# Pearl Izumi X-Alp Flow Pop Flat sole shoe with BOA



## Picowatt (Feb 26, 2014)




----------



## Sanchofula (Dec 30, 2007)

These look really interesting, not a huge Boa fan, but these look sleek and light, curious how stiff they are compared to my Clans.

Anyone got a set yet?


----------



## TraxFactory (Sep 10, 1999)

I have about 5 rides on the X-Alp Launch. I normally fit a US13 and the 48 is fairly comfortable. I like the sleek thin design. 

I swapped out the inserts for the D30's out of my RC's, much much better. The BOA works pretty good but most of the tightening is on the upper 2 loops. You need to work the lower laces while tightening to get lower 2 loops snug, not a deal breaker.

Toe protection is slightly above average, not quite a 2FO level, pretty much like a Freeride Pro.

I would say slightly stiffer or similar to Freeride Pro or RC Livewire. I have not run Clans.

Finally the grip. The rubber has a nice feel running long pins on a One Up Aluminum.
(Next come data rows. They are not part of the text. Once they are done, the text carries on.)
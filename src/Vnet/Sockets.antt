-- ===== src/Vnet/Sockets.antt =====
-- vnet/net.go and vnet/conn.go: the UDP sockets of a virtual host.
-- A socket's methods and those of the host are atomic steps; each returns the host that it leaves.
pub mod Conns
pub mod Deleted
pub mod Valid
pub mod Runs
pub mod Delivery
pub mod Dial
pub mod Close
pub mod Loopback
mod Tests
use transport.Prelude.{
  ℕ, ◌+◌, ◌-◌, Bool, true, false, ltb, leb, not, ◌==◌, ◌&&◌, ◌||◌, if◌then◌else◌, Option, none,
  some, List, [], ◌∷◌, ◌++◌, length, take, min, String, str_eq, ◌⊎◌, inl, inr,
}
use transport.Vnet.Addr.{Ip, Addr, ip_eq}
use transport.Vnet.Chunk.{Network, Chunk, new_chunk_udp}
use transport.Vnet.NatState.{addr_eq}
use transport.Vnet.NetState.{
  Error, unexpected_network, cant_assign_requested_addr, address_already_in_use, no_router_linked,
  no_rem_addr, loc_addr_wrong, already_closed, use_of_closed_network_connection, timeout,
  short_buffer, Socket, Net, WantedAddr, is_loopback, udp_zero_ip, write_socket,
}
use transport.Vnet.Net.{
  has_ip_addr, assign_port, determine_source_ip, SourceIp, source, no_source, panicked,
}
use transport.Vnet.UdpConnMap.{UdpConn, UdpConnMap, find, insert, delete}

-- The length of `readCh`.
abbrev pub max_read_queue_size : ℕ
max_read_queue_size = 1024

-- `newUDPConn`
unfoldable pub new_udp_conn : Addr → Option Addr → Socket
new_udp_conn loc rem = record {
  loc_addr = loc;
  rem_addr = rem;
  read_ch = [];
  closed = false;
  alarm = none;
  fired = false;
}

-- The networks that `_dialUDP` knows.
unfoldable pub is_udp_network : String → Bool
is_udp_network network = str_eq network "udp" || (str_eq network "udp4" || str_eq network "udp6")

-- `conn, err := newUDPConn(...)` and `udpConns.insert(conn)`: the new socket has the next pointer.
unfoldable pub register : Net → Addr → Option Addr → Net × (Error ⊎ ℕ)
register v loc rem =
    let conn : UdpConn = record { id = v.next; loc_addr = loc } in
    let (e, m) = insert v.udp_conns conn in
    let v' = record v {
      udp_conns = m;
      sockets = write_socket v.sockets v.next (new_udp_conn loc rem);
      next = v.next + 1;
    } in
    elim e [ none ↦ (v', inr v.next) | some _ ↦ (v', inl address_already_in_use) ]

-- `_dialUDP` after the port has been chosen.
unfoldable pub register_at : Net → Ip → (Error ⊎ ℕ) → Option Addr → Net × (Error ⊎ ℕ)
register_at v ip (inl e) rem = (v, inl e)
register_at v ip (inr port) rem = register v (record { ip = ip; port = port }) rem

-- `_dialUDP` where a port was asked for: some socket may take its packets already.
unfoldable pub dial_port : Net → Addr → Option Addr → Net × (Error ⊎ ℕ)
dial_port v loc rem =
    let (found, m) = find v.udp_conns loc in
    let v' = record v { udp_conns = m } in
    elim found [ some c ↦ (v', inl address_already_in_use) | none ↦ register v' loc rem ]

unfoldable pub dial_any_port : (ℕ → ℕ) → Net → Ip → Option Addr → Net × (Error ⊎ ℕ)
unfolding register_at
dial_any_port intn v ip rem =
    let (port, v') = assign_port intn v ip 5000 5999 in register_at v' ip port rem

-- The IP of the local address, which is filled in where it is nil.
unfoldable pub local_ip : String → Option WantedAddr → Ip
local_ip network none = udp_zero_ip (str_eq network "udp6")
local_ip network (some a) = elim a.ip [ none ↦ udp_zero_ip (str_eq network "udp6") | some ip ↦ ip ]

unfoldable pub local_port : Option WantedAddr → ℕ
local_port none = 0
local_port (some a) = a.port

-- `_dialUDP`, which gives the pointer of the new socket. What the source writes into the caller's
-- address is the local address of the socket.
unfoldable pub dial_udp :
    (ℕ → ℕ) → Net → String → Option WantedAddr → Option Addr → Net × (Error ⊎ ℕ)
dial_udp intn v network loc rem =
    if not (is_udp_network network)
    then (v, inl unexpected_network)
    else if not (has_ip_addr v.interfaces (local_ip network loc))
    then (v, inl cant_assign_requested_addr)
    else if local_port loc == 0
    then dial_any_port intn v (local_ip network loc) rem
    else dial_port v (record { ip = local_ip network loc; port = local_port loc }) rem

-- `UDPConn.onInboundChunk`
unfoldable pub enqueue : Socket → Chunk → Socket
enqueue s c =
    if s.closed
    then s
    else if ltb (length s.read_ch) max_read_queue_size
    then record s { read_ch = s.read_ch ++ (c ∷ []) }
    else s

-- `if conn, ok := v.udpConns.find(...); ok { conn.onInboundChunk(c) }`
unfoldable pub deliver : Net → Chunk → Net
deliver v c =
    let (found, m) = find v.udp_conns c.destination in
    elim found [
      | none ↦ record v { udp_conns = m }
      | some conn ↦ record v {
        udp_conns = m;
        sockets = write_socket v.sockets conn.id (enqueue (v.sockets conn.id) c);
      }
    ]

-- `Net.onInboundChunk`
unfoldable pub on_inbound_chunk : Net → Chunk → Net
on_inbound_chunk v c = elim c.network [ Network.udp ↦ deliver v c | Network.tcp ↦ v ]

-- `Net.write`; the chunk that is pushed to the router is returned.
unfoldable pub to_router : Net → Chunk → Net × Option Chunk × Option Error
to_router v c = elim v.router [
  | none ↦ (v, none, some no_router_linked)
  | some r ↦ (v, some c, none)
]

unfoldable pub write : Net → Chunk → Net × Option Chunk × Option Error
unfolding to_router
write v c = elim c.network [
  | Network.tcp ↦ to_router v c
  | Network.udp ↦ if is_loopback c.destination.ip then (deliver v c, none, none) else to_router v c
]

-- The end of `WriteTo`: the count of bytes, or the error.
unfoldable pub written : ℕ → Net × Option Chunk × Option Error → Net × Option Chunk × (Error ⊎ ℕ)
written n (v, pushed, none) = (v, pushed, inr n)
written n (v, pushed, some e) = (v, pushed, inl e)

-- `WriteTo`, from the socket at a pointer; `none` is the panic of `determineSourceIP`.
unfoldable pub write_from :
    Net → Addr → List ℕ → Addr → SourceIp → Option (Net × Option Chunk × (Error ⊎ ℕ))
unfolding written
write_from v loc payload dst panicked = none
write_from v loc payload dst no_source = some (v, none, inl loc_addr_wrong)
write_from v loc payload dst (source ip) = some (
    written (length payload)
      (write v (new_chunk_udp (record { ip = ip; port = loc.port }) dst payload)))

unfoldable pub write_to : Net → ℕ → List ℕ → Addr → Option (Net × Option Chunk × (Error ⊎ ℕ))
unfolding write_from
write_to v p payload dst =
    let loc = (v.sockets p).loc_addr in
    write_from v loc payload dst (determine_source_ip v.interfaces (some loc.ip) dst.ip)

-- `Write`
unfoldable pub write_connected : Net → ℕ → List ℕ → Option (Net × Option Chunk × (Error ⊎ ℕ))
unfolding write_to
write_connected v p payload = elim (v.sockets p).rem_addr [
  | none ↦ some (v, none, inl no_rem_addr)
  | some dst ↦ write_to v p payload dst
]

-- `onClosed`, which ignores the error of `delete`.
unfoldable pub on_closed : Net → Addr → Net
on_closed v a = record v { udp_conns = (delete v.udp_conns a).1 }

-- `Close`
unfoldable pub close : Net → ℕ → Net × Option Error
unfolding on_closed
close v p = if (v.sockets p).closed then (v, some already_closed) else (
  on_closed
      (record v { sockets = write_socket v.sockets p (record (v.sockets p) { closed = true }) })
      (v.sockets p).loc_addr,
  none,
)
You get a locked feel with slight amount of wiggle room. I had one slight pedal slip while casually riding and hit decent bump, this is rare on 5.10 rubber (probably my fault but I noticed it).

Hike a Bike No Bueno, pretty much like other flats that don't have some different grip in the toe area. 

Too early to see how rubber holds up. Interested to see what happens in wet and colder conditions.


----------



## Picowatt (Feb 26, 2014)

Nurse Ben said:


> These look really interesting, not a huge Boa fan, but these look sleek and light, curious how stiff they are compared to my Clans.
> 
> Anyone got a set yet?


I havent even seen the Clan shoes in person so I cant compare directly. Much of what TRAX mentioned above is true. 
The Flow Pop are the lighter duty version so they do not have the nylon shank in the sole to stiffen them up. But being that it is a one piece solid rubber base they are fairly stiff. I also usually wear a size 13 and went with the euro size 48 for these. I left the stock insole in for now but will be adding a 2mm EPA foam layer ( I bought a bulk roll and cut out my ow insole additions to make shoes fit as I want them)


----------



## TraxFactory (Sep 10, 1999)

Picowatt said:


> I left the stock insole in for now but will be adding a 2mm EPA foam layer ( I bought a bulk roll and cut out my ow insole additions to make shoes fit as I want them)


Great idea! will have to dig out high density closed cell foam..


----------



## Picowatt (Feb 26, 2014)

TraxFactory said:


> Great idea! will have to dig out high density closed cell foam..


I found the roll that I am using at a craft store for 4 dollars. It is enough to probably to 25 pairs of shoes. I am mad that I didnt figure this out years ago.


----------